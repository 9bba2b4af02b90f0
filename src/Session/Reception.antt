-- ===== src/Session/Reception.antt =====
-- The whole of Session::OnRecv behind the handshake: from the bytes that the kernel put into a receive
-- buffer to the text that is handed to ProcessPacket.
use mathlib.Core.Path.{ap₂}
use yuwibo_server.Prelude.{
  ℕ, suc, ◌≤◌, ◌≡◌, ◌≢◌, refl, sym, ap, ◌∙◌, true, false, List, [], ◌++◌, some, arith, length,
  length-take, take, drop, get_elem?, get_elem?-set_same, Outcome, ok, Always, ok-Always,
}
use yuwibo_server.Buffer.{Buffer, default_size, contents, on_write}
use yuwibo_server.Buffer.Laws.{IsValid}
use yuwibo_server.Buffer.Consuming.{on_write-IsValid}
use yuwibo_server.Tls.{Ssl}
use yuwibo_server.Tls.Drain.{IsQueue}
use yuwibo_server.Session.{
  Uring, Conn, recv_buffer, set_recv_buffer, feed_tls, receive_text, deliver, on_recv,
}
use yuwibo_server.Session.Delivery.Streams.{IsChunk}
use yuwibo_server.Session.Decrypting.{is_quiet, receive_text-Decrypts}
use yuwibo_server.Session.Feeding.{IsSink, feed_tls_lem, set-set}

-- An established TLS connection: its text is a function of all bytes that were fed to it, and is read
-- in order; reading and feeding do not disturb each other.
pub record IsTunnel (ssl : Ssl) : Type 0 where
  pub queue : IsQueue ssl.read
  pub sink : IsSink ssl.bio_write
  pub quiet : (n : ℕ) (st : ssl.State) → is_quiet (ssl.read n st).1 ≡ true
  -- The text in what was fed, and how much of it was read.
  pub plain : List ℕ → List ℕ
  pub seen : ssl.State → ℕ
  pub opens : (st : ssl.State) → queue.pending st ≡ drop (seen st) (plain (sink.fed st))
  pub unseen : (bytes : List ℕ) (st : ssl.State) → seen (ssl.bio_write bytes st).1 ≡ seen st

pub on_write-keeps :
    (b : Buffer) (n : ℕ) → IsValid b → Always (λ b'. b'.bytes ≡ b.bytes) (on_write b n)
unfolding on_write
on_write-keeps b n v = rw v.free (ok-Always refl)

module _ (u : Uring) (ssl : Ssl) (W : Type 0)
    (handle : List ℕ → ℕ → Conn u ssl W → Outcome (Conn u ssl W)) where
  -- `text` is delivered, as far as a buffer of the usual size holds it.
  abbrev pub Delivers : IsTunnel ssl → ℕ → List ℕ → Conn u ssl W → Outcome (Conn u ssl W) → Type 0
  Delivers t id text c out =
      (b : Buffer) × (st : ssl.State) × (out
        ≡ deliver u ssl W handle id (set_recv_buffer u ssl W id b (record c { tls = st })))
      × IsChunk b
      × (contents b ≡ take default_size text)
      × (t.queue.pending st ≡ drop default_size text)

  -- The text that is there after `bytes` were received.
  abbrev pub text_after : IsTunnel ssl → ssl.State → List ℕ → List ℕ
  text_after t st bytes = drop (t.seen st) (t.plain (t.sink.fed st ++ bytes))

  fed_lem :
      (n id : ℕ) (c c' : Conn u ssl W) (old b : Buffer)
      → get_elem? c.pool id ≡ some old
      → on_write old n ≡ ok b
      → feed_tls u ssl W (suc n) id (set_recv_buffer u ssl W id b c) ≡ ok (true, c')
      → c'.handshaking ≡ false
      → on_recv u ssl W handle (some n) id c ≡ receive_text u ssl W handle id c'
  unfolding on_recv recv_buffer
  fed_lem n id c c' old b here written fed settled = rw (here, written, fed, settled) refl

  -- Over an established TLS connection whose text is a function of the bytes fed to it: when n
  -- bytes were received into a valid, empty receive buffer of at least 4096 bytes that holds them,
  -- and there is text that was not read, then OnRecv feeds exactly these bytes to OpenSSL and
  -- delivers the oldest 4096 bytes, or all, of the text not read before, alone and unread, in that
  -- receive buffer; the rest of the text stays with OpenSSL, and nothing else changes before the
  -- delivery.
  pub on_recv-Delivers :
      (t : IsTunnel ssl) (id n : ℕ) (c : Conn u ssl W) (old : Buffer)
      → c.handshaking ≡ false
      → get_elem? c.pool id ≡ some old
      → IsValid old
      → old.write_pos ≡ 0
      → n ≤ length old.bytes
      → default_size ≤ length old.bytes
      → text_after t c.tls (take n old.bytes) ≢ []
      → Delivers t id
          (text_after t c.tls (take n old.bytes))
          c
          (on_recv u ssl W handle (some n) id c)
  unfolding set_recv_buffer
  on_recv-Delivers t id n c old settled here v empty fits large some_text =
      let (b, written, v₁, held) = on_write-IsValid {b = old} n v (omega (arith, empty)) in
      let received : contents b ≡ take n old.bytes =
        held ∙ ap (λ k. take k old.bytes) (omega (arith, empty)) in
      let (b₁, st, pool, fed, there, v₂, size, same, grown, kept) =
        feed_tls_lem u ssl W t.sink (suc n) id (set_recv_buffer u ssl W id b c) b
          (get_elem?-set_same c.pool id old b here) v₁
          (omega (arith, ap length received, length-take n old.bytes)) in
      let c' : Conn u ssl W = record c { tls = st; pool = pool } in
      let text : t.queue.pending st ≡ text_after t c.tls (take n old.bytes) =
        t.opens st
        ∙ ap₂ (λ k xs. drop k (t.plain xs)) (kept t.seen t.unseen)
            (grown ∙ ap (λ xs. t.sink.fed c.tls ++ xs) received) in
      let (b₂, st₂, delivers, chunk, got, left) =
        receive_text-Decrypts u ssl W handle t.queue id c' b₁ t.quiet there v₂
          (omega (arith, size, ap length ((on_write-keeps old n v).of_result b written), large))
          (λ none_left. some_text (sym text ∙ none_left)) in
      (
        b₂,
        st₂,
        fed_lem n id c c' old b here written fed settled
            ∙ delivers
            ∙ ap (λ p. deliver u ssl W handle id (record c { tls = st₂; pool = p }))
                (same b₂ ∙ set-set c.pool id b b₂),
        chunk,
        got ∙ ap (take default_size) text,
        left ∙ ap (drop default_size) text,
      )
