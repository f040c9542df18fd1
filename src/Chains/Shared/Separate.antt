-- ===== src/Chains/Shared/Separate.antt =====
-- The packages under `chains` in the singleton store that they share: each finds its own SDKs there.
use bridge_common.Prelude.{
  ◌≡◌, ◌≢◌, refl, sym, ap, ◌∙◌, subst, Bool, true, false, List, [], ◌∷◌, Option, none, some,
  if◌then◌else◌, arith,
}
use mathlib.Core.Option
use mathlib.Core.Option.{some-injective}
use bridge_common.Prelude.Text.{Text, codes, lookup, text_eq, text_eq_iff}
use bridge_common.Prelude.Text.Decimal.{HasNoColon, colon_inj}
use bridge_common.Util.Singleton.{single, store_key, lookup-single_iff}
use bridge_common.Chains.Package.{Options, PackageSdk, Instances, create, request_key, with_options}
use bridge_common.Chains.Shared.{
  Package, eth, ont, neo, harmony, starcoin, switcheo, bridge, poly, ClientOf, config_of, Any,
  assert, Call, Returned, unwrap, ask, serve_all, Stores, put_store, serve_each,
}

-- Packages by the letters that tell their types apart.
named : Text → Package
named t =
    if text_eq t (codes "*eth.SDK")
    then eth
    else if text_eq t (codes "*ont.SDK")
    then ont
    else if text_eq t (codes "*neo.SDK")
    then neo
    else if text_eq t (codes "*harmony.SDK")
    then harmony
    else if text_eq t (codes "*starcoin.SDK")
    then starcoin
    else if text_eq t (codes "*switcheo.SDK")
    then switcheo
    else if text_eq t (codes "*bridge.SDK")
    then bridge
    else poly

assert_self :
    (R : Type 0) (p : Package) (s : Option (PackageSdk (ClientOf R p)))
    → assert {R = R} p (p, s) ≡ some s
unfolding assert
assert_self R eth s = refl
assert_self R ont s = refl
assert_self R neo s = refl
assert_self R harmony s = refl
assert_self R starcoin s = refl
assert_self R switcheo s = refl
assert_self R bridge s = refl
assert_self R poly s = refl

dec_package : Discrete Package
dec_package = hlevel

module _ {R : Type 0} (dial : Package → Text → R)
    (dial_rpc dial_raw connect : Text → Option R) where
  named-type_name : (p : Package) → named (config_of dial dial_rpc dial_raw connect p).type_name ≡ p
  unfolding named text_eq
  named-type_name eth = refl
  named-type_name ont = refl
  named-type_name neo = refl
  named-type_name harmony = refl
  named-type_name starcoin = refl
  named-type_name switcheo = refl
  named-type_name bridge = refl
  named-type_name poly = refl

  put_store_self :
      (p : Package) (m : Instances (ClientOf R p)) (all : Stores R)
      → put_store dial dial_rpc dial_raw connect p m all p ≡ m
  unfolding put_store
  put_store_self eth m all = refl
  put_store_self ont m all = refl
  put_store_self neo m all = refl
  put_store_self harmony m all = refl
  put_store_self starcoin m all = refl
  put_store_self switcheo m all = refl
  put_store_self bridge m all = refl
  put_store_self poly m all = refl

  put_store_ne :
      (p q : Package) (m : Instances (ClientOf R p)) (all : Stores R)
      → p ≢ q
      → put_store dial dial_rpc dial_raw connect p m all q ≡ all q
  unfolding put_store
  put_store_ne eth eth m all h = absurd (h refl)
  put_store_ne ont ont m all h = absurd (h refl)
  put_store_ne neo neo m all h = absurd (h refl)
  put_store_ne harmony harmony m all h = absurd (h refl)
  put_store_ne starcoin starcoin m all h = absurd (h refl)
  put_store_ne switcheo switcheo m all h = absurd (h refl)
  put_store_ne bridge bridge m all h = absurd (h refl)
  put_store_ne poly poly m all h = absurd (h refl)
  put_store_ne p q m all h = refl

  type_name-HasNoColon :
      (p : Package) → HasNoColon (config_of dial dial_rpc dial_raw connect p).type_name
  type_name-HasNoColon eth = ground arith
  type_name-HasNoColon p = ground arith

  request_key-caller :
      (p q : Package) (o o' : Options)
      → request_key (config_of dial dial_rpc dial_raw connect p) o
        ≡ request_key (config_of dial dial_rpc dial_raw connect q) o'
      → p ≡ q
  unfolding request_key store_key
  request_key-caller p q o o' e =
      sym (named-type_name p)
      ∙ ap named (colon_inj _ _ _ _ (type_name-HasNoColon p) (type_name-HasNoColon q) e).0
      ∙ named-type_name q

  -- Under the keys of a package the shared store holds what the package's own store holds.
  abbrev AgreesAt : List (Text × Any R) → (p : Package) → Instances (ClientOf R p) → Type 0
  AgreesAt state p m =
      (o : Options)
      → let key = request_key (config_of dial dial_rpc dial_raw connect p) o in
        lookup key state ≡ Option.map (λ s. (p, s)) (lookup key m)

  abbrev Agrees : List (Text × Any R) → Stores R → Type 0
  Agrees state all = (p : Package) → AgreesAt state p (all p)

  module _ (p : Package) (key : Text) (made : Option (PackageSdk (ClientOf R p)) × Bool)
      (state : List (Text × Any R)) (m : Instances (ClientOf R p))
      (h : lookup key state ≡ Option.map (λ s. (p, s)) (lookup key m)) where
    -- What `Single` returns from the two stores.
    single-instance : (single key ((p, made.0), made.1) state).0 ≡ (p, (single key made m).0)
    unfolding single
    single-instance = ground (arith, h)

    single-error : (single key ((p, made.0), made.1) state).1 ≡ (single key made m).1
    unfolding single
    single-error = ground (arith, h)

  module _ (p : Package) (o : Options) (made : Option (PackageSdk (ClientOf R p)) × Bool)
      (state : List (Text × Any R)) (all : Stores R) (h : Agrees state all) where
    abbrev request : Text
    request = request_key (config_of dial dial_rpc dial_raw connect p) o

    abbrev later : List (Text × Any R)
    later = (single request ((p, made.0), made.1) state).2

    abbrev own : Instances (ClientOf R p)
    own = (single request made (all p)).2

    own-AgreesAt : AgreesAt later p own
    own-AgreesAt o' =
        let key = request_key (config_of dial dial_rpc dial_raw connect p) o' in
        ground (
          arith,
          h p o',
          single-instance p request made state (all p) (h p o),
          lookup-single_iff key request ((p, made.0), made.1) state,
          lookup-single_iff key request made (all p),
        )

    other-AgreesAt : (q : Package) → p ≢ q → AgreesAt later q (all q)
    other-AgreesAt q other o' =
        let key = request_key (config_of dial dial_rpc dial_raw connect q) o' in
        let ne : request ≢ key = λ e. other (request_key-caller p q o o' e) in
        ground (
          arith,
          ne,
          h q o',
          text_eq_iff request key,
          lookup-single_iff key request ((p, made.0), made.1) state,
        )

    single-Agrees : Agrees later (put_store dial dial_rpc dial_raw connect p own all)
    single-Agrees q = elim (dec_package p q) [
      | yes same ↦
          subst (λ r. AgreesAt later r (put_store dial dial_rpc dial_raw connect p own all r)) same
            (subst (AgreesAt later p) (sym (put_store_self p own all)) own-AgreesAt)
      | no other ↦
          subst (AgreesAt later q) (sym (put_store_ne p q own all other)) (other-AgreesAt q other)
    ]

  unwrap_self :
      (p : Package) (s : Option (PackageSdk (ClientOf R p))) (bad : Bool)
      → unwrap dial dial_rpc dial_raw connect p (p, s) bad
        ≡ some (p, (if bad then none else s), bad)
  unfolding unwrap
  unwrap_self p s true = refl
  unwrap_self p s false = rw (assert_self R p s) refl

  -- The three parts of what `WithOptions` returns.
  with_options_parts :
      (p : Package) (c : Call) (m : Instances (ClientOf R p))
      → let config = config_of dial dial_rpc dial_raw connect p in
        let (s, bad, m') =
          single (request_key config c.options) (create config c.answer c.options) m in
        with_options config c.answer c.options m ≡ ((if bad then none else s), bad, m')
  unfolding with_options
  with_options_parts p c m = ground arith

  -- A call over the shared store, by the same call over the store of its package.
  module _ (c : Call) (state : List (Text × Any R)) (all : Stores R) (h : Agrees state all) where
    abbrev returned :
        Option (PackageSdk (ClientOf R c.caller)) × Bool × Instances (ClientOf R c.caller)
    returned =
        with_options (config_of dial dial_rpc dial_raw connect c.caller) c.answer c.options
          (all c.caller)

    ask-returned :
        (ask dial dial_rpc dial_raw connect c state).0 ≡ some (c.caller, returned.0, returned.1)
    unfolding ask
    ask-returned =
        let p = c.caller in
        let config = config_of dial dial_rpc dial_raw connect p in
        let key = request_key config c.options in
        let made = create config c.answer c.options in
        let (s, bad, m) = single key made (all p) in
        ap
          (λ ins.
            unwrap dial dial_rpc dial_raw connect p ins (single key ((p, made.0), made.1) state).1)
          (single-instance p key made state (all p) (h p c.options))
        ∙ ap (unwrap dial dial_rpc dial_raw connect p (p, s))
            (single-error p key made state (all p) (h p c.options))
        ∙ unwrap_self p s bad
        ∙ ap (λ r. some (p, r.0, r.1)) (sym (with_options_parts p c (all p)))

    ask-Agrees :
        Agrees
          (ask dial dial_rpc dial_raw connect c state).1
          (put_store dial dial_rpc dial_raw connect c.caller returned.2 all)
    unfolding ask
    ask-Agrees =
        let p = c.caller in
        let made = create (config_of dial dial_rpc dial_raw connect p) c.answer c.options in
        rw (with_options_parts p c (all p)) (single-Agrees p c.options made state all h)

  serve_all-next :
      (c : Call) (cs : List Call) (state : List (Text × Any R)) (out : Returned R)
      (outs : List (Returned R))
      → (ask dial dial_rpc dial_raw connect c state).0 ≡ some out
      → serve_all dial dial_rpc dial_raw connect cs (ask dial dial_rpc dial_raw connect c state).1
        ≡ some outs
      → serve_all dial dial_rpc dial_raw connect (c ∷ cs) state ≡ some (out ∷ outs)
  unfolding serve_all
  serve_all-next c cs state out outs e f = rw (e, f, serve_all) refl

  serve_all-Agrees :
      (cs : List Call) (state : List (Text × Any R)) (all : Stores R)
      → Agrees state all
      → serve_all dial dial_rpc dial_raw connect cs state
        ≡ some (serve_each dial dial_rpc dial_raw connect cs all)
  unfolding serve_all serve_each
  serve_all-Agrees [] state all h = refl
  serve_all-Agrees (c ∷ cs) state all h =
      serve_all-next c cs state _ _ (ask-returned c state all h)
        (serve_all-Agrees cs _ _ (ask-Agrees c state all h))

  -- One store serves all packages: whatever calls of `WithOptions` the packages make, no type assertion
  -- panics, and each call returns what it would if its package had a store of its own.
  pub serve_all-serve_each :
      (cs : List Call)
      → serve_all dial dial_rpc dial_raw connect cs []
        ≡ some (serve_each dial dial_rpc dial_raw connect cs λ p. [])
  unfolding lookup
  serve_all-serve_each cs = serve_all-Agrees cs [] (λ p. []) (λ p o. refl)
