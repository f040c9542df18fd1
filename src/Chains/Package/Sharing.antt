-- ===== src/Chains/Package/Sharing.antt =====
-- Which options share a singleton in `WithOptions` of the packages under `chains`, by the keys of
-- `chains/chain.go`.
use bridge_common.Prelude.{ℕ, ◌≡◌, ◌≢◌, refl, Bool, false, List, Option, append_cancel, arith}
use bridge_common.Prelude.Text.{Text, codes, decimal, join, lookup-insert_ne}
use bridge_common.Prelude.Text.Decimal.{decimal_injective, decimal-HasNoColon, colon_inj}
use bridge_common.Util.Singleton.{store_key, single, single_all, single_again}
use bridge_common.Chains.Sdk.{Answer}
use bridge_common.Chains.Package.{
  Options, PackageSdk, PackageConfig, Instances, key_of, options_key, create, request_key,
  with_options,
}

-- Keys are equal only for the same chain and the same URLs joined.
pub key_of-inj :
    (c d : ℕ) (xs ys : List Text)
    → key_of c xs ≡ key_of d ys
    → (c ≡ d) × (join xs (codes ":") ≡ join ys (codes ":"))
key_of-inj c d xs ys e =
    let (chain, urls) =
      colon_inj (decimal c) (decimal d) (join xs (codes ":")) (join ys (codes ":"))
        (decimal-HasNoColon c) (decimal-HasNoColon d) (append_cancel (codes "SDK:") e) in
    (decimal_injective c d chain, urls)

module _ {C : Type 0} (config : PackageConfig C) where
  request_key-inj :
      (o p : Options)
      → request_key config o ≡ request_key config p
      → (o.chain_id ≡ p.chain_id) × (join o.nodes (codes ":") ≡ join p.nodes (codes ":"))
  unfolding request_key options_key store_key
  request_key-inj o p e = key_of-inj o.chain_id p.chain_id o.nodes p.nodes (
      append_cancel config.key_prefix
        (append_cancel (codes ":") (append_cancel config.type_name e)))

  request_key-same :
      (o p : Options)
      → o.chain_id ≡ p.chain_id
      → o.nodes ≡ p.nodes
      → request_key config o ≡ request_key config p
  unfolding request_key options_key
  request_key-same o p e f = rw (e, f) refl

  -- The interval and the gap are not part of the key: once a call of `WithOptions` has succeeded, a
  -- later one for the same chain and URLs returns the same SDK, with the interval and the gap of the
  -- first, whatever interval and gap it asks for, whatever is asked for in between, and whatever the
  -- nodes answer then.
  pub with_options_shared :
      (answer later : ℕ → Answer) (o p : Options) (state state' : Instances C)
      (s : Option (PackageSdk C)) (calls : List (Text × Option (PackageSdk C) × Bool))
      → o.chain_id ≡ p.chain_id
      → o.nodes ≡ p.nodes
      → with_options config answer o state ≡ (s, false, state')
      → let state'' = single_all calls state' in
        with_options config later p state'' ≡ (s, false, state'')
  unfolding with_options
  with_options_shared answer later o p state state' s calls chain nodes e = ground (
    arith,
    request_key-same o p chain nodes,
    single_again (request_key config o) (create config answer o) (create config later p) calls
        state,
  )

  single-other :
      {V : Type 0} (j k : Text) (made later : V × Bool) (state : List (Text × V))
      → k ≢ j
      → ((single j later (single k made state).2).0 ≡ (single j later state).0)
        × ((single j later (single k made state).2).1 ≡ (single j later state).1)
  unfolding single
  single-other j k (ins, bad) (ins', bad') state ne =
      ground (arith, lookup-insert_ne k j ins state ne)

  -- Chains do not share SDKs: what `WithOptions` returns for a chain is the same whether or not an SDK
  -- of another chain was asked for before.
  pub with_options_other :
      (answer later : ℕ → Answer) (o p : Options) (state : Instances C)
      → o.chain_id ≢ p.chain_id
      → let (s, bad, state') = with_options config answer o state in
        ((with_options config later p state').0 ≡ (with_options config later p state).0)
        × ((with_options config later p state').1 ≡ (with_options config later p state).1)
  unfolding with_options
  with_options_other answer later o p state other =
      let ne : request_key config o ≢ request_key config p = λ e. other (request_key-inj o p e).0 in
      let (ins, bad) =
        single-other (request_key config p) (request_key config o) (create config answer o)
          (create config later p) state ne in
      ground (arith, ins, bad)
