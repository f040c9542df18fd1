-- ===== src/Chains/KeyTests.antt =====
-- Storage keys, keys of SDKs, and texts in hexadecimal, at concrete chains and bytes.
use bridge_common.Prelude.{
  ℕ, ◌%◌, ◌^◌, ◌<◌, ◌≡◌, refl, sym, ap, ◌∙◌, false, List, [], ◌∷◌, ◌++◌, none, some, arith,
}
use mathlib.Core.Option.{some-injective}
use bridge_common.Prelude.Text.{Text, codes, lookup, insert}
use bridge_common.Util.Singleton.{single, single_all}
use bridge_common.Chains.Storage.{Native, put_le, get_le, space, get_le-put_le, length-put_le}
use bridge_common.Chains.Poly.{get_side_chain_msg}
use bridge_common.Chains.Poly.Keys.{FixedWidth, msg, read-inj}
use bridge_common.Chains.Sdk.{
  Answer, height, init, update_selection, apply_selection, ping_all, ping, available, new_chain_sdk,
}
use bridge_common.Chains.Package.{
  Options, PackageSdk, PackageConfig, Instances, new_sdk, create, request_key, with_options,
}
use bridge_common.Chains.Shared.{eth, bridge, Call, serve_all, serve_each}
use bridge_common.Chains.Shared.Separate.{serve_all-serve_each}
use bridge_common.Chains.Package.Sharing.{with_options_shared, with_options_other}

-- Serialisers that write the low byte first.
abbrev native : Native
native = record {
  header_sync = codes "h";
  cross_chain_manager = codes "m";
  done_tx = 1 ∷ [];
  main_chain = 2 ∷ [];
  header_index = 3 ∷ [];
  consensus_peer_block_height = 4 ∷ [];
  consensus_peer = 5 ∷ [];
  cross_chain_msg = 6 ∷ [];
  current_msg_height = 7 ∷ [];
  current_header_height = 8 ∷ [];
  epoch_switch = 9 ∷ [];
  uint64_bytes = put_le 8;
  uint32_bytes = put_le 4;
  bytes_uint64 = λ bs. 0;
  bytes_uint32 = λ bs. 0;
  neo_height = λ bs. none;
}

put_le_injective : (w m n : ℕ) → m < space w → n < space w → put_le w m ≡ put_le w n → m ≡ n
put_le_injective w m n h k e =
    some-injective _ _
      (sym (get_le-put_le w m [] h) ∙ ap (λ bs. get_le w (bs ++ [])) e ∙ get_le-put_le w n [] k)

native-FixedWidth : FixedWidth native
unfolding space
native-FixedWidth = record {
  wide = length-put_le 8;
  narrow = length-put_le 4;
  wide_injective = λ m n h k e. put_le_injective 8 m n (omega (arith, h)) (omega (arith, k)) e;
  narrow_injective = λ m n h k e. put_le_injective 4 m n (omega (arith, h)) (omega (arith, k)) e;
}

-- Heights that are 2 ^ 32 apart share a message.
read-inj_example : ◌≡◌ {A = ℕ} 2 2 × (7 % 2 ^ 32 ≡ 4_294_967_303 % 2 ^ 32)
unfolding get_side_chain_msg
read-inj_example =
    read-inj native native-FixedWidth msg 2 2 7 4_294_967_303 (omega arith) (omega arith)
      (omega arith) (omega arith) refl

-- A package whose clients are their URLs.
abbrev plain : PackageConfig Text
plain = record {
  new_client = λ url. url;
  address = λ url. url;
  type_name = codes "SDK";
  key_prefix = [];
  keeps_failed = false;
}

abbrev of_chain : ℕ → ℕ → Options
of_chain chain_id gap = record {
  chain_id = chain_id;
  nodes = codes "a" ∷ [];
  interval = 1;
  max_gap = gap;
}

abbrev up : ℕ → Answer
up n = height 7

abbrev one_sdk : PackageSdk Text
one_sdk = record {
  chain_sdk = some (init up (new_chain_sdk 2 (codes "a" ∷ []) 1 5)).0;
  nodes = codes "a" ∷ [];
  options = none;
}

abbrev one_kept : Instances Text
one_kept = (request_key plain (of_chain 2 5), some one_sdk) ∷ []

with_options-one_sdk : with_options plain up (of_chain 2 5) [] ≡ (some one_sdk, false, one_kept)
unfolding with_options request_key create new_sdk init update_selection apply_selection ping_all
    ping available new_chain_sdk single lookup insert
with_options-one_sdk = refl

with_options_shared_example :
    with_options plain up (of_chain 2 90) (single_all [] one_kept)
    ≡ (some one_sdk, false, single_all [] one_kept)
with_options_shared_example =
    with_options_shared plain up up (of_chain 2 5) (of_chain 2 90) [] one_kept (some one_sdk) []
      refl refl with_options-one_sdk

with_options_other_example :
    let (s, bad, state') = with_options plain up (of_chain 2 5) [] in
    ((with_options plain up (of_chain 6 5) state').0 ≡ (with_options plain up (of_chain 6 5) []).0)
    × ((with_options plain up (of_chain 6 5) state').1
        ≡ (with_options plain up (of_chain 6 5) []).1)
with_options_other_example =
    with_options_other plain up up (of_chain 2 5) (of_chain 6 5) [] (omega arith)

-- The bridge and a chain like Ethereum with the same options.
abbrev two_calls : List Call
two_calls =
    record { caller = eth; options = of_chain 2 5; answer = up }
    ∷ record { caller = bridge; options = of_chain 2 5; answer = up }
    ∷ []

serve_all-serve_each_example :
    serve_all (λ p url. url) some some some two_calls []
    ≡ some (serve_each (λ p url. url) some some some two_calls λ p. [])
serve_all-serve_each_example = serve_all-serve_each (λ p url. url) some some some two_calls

◇ ◇ ◇ ◇ ◇ ◇ ◇

## WHAT THE TASK REQUIRES
Using only the listing above, restate exactly the lines from the line containing "else s), bad)" through the line containing "let (s, bad, m')", both included.

## ANSWER SECTION
        ≡ some (p, (if bad then none else s), bad)
  unfolding unwrap
  unwrap_self p s true = refl
  unwrap_self p s false = rw (assert_self R p s) refl

  -- The three parts of what `WithOptions` returns.
  with_options_parts :
      (p : Package) (c : Call) (m : Instances (ClientOf R p))
      → let config = config_of dial dial_rpc dial_raw connect p in
        let (s, bad, m') =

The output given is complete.